Le Partenariat transatlantique de commerce et d'investissement en cours de discussion entre l'UE et les états-Unis (1), comme tous les nombreux projets d'accords régionaux ou bilatéraux de ce type, est une « initiative positive », mais il ne peut être « qu'une partie d'un tableau plus large », estime le directeur général de l'OMC. « Des accords comme celui-ci ne peuvent être en eux-mêmes suffisants pour assurer une plus-value au niveau mondial », selon Roberto azevêdo, qui s'exprimait le 6 janvier lors d'un séminaire diplomatique à Lisbonne. Car, selon lui, « la prolifération de règlementations et de normes a tendance à multiplier les coûts plutôt qu'à les réduire ».

« Les deux processus, multilatéral et bilatéral, doivent progresser ensemble pour réduire effectivement les coûts et infléchir le protectionnisme. Sinon, nous pourrions voir des résultats qui sont exactement à l'opposé de ce que nous recherchons », a ajouté le directeur général de l'OMC.

Roberto Azevêdo a rappelé que le dernier rapport commercial de l'organisation mondiale pour le G20, publié en décembre, fait état d'une augmentation des restrictions aux échanges, avec 116 nouvelles mesures de ce type identifiées au cours des six mois précédents (2).

Dacian Ciolos, avocat du « made in Europe »

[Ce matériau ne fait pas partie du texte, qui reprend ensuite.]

-- ===== src/TimerHeap/Remove.antt =====
-- `timer_heap_extract_min` and `timer_heap_delete` of kernel/timer_heap.c exchange a request's payload
-- with that of the last request, unlink the last one, and put the rest back into order.
use picokernel.Prelude.{
  ℕ, ◌+◌, ◌/◌, ◌^◌, ◌≤◌, ◌<◌, ◌≡◌, refl, ◌∙◌, ap, sym, subst, arith, ◌==◌, if◌then◌else◌, ne→==,
  false, Option, some,
}
use picokernel.State.{Ptr, null, Request, Kernel, dec_size}
use picokernel.TimerHeap.{
  max_depth, swap, unlink_last, find_last, bubble_up, bubble_down, with_requests, extract_min,
}
use picokernel.TimerHeap.Swap.{swap-SameLinks, swap_right, swap_other}
use picokernel.TimerHeap.Layout.{Layout, SameLinks-Layout, swap-at, navigate-at}
use picokernel.TimerHeap.Order.{Rising, Sinking, Swaps, done, step, Swaps-SameLinks}
use picokernel.TimerHeap.Bubble.{Restored, bubble_up-Restored, bubble_down-Restored}
use picokernel.TimerHeap.Link.{SamePayloads, placed, placed_old, Outside}
use picokernel.TimerHeap.Insert.{IsHeap}
use picokernel.TimerHeap.Unlink.{unlink_last-SamePayloads, unlink-Layout}

pub root_position : 0 < 1
root_position = omega arith

-- Swaps leave the requests outside of the heap alone.
Swaps-elsewhere :
    {at : ℕ → Ptr} {size : ℕ} {g h : Ptr → Request} (a : Ptr)
    → Outside at size a
    → Swaps at size g h
    → g a ≡ h a
Swaps-elsewhere a out done = refl
Swaps-elsewhere a out (step {h} p q p0 p1 q0 q1 s) =
    Swaps-elsewhere a out s
    ∙ swap_other h _ _ a (λ e. out p p0 p1 (sym e)) (λ e. out q q0 q1 (sym e))

module _ {k : Kernel} {at : ℕ → Ptr} (v : IsHeap k at) (m : ℕ) (size : k.timer_heap_size ≡ m + 1)
    (pos : 0 < m) (small : m + 1 < 2 ^ 63) where
  pub whole : Layout k.requests at (m + 1)
  whole = subst (Layout k.requests at) size v.layout

  before :
      (q : ℕ)
      → 1 < q
      → q ≤ m + 1
      → (k.requests (at (q / 2))).deadline_ns ≤ (k.requests (at q)).deadline_ns
  before q lo hi = v.ordered q lo (omega arith)

  abbrev pub last : Ptr
  last = at (m + 1)

  pub find_last-at : find_last k ≡ last
  unfolding find_last
  find_last-at =
      let some_there : (m + 1 == 0) ≡ false = ground arith in
      rw (size, some_there)
        (navigate-at whole (m + 2) k.timer_heap_root (m + 1) v.root (omega arith) (omega arith)
          (omega arith))

  module _ (p : ℕ) (lo : 0 < p) (hi : p ≤ m) where
    abbrev swapped : Ptr → Request
    swapped = swap k.requests (at p) last

    abbrev pub exchanged : Ptr → Request
    exchanged = unlink_last swapped last

    swapped-Layout : Layout swapped at (m + 1)
    swapped-Layout = SameLinks-Layout (swap-SameLinks k.requests (at p) last) whole

    pub exchanged-Layout : Layout exchanged (placed at (m + 1) null) m
    exchanged-Layout = unlink-Layout swapped-Layout pos

    pub exchanged-at :
        (c : ℕ)
        → 0 < c
        → c ≤ m
        → (exchanged (placed at (m + 1) null c)).deadline_ns
          ≡ (if c == p then (k.requests last).deadline_ns else (k.requests (at c)).deadline_ns)
    exchanged-at c c0 c1 =
        let other : (c == m + 1) ≡ false = ground arith in
        rw (placed_old at (m + 1) null c (omega arith)) (
          (unlink_last-SamePayloads swapped last).deadline (at c)
          ∙ rw
              (
                swap-at whole p (m + 1) c lo (omega arith) (omega arith) (omega arith) c0
                    (omega arith),
                other,
              )
              refl)

    exchanged-Sinking :
        (1 < p → (k.requests (at (p / 2))).deadline_ns ≤ (k.requests last).deadline_ns)
        → Sinking (placed at (m + 1) null) m exchanged p
    exchanged-Sinking top = record {
      others = λ q q0 q1 ne.
          rw (exchanged-at q (omega arith) q1, exchanged-at (q / 2) (omega arith) (omega arith))
            (ground (arith, before q q0 (omega arith), top));
      across = λ q p0 q1 e.
          rw (exchanged-at q (omega arith) q1, exchanged-at (p / 2) (omega arith) (omega arith))
            (ground (arith, before q (omega arith) (omega arith), before p p0 (omega arith)));
    }

    exchanged-Rising :
        1 < p
        → (k.requests last).deadline_ns < (k.requests (at (p / 2))).deadline_ns
        → Rising (placed at (m + 1) null) m exchanged p
    exchanged-Rising p0 less = record {
      others = λ q q0 q1 ne.
          rw (exchanged-at q (omega arith) q1, exchanged-at (q / 2) (omega arith) (omega arith))
            (ground (arith, before q q0 (omega arith), before p p0 (omega arith)));
      across = λ q _ q1 e.
          rw (exchanged-at q (omega arith) q1, exchanged-at (p / 2) (omega arith) (omega arith))
            (ground (arith, before q (omega arith) (omega arith), before p p0 (omega arith)));
    }

    -- The heap is one position shorter, its payloads are those of before with the last one at
    -- position `p`, swapped into order; the request that stood last holds the payload of position `p`.
    pub record Removed (k' : Kernel) : Type 0 where
      pub heap : IsHeap k' (placed at (m + 1) null)
      pub shrunk : k'.timer_heap_size ≡ m
      pub unlinked : Ptr → Request
      pub payloads : SamePayloads swapped unlinked
      pub swaps : Swaps (placed at (m + 1) null) m k'.requests unlinked
      pub taken_work : (k'.requests last).work ≡ (k.requests (at p)).work
      pub taken_deadline : (k'.requests last).deadline_ns ≡ (k.requests (at p)).deadline_ns

    abbrev pub after : Kernel
    after = record k { requests = exchanged; timer_heap_size = m }

    last-Outside : Outside (placed at (m + 1) null) m last
    last-Outside c c0 c1 e =
        let same =
          whole.distinct c (m + 1) c0 (omega arith) (omega arith) (omega arith)
            (sym (placed_old at (m + 1) null c (omega arith)) ∙ e) in
        absurd (omega (arith, same))

    pub restored :
        (run : Option (Ptr → Request))
        → Restored (placed at (m + 1) null) m exchanged run
        → (k' : Kernel) × (with_requests after run ≡ some k') × Removed k'
    restored run r =
        let same = unlink_last-SamePayloads swapped last in
        let kept = Swaps-elsewhere last last-Outside r.swaps in
        let mine = swap_right k.requests (at p) last in
        (
          record after { requests = r.requests },
          ap (with_requests after) r.ran,
          record {
            heap = record {
              root = placed_old at (m + 1) null 1 (omega arith) ∙ v.root;
              layout = SameLinks-Layout (Swaps-SameLinks r.swaps) exchanged-Layout;
              ordered = r.ordered;
            };
            shrunk = refl;
            unlinked = exchanged;
            payloads = same;
            swaps = r.swaps;
            taken_work = ap (λ x. x.work) kept ∙ same.work last ∙ ap (λ x. x.work) mine;
            taken_deadline =
                ap (λ x. x.deadline_ns) kept ∙ same.deadline last ∙ ap (λ x. x.deadline_ns) mine;
          },
        )

    pub down :
        (1 < p → (k.requests (at (p / 2))).deadline_ns ≤ (k.requests last).deadline_ns)
        → Restored (placed at (m + 1) null) m exchanged (bubble_down max_depth (at p) exchanged)
    down top =
        let r =
          bubble_down-Restored 64 exchanged p exchanged-Layout lo hi (omega arith)
            (exchanged-Sinking top) in
        subst
          (λ a. Restored (placed at (m + 1) null) m exchanged (bubble_down max_depth a exchanged))
          (placed_old at (m + 1) null p (omega arith)) r

    pub up :
        1 < p
        → (k.requests last).deadline_ns < (k.requests (at (p / 2))).deadline_ns
        → Restored (placed at (m + 1) null) m exchanged (bubble_up max_depth (at p) exchanged)
    up p0 less =
        let r =
          bubble_up-Restored 64 exchanged p exchanged-Layout lo hi (omega arith)
            (exchanged-Rising p0 less) in
        subst (λ a. Restored (placed at (m + 1) null) m exchanged (bubble_up max_depth a exchanged))
          (placed_old at (m + 1) null p (omega arith)) r

  pub here : (p : ℕ) → 0 < p → p ≤ m + 1 → (at p == null) ≡ false
  here p lo hi = ne→== (at p) null (whole.inside p lo hi)

  -- What `timer_heap_extract_min` computes with the root `r`.
  abbrev Ends : Ptr → Kernel → Type 0
  Ends r k' =
      let h = unlink_last (swap k.requests r last) last in
      with_requests (record k { requests = h; timer_heap_size = m }) (bubble_down max_depth r h)
      ≡ some k'

  extract_min_run :
      (k' : Kernel) → Ends k.timer_heap_root k' → extract_min k ≡ some (k.timer_heap_root, k')
  unfolding extract_min
  extract_min_run k' e =
      let alone : (m + 1 == 1) ≡ false = ground arith in
      let less : dec_size (m + 1) ≡ m = omega arith in
      let root : (k.timer_heap_root == null) ≡ false =
        rw (← v.root) (here 1 (omega arith) (omega arith)) in
      rw
        (
          extract_min,
          find_last-at,
          size,
          root,
          alone,
          less,
          here (m + 1) (omega arith) (omega arith),
          e,
        )
        refl

  -- For an ordered heap of two to 2 ^ 63 - 2 requests, `timer_heap_extract_min` ends and the heap is
  -- then an ordered heap of one request less, whose payloads are those of before without the
  -- earliest. But the request that leaves the heap, with that payload, is the one that stood last;
  -- the pointer returned is the root, which stays the root.
  pub extract_min-IsHeap :
      (k' : Kernel) × (extract_min k ≡ some (k.timer_heap_root, k'))
      × Removed 1 root_position pos k'
      × (k'.timer_heap_root ≡ k.timer_heap_root)
  extract_min-IsHeap =
      let (k', e, r) =
        restored 1 root_position pos (bubble_down max_depth (at 1) (exchanged 1 root_position pos))
          (down 1 root_position pos (λ l. absurd (omega arith))) in
      (
        k',
        extract_min_run k' (subst (λ a. Ends a k') v.root e),
        r,
        sym r.heap.root ∙ placed_old at (m + 1) null 1 (omega arith) ∙ v.root,
      )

L'UE offre un « fort potentiel » pour les exportations agricoles, et « joue un rôle très important en définissant les standards et normes en tant que leader mondial », a assuré Dacian Ciolos le 7 janvier lors de la Conférence agricole d'Oxford. « La qualité UE, le goût et la tradition sont un atout majeur quand il s'agit de commercialiser nos produits », tandis que « les normes de l'UE pour la sûreté alimentaire et une meilleure durabilité sont très importantes pour accroître nos exportations », selon le commissaire européen à l'agriculture. Les exportations agroalimentaires, « notamment les produits de qualité plutôt que les produits de base », sont « vitales » pour aider l'Europe à sortir de la crise économique, « comme nous le voyons en Irlande, en Espagne, en Grèce et au Portugal », a-t-il ajouté. « Nous avons proposé de tripler le budget pour la promotion de l'UE dans les prochaines années, spécialement sur les marchés des pays tiers », a également rappelé le commissaire européen (3). « Lors de mes récentes visites en Chine, au Japon et en Corée du Sud, j'ai pu voir que le “made in Europe“ est un message très utile car il reflète la sûreté alimentaire, l'environnement et la qualité ».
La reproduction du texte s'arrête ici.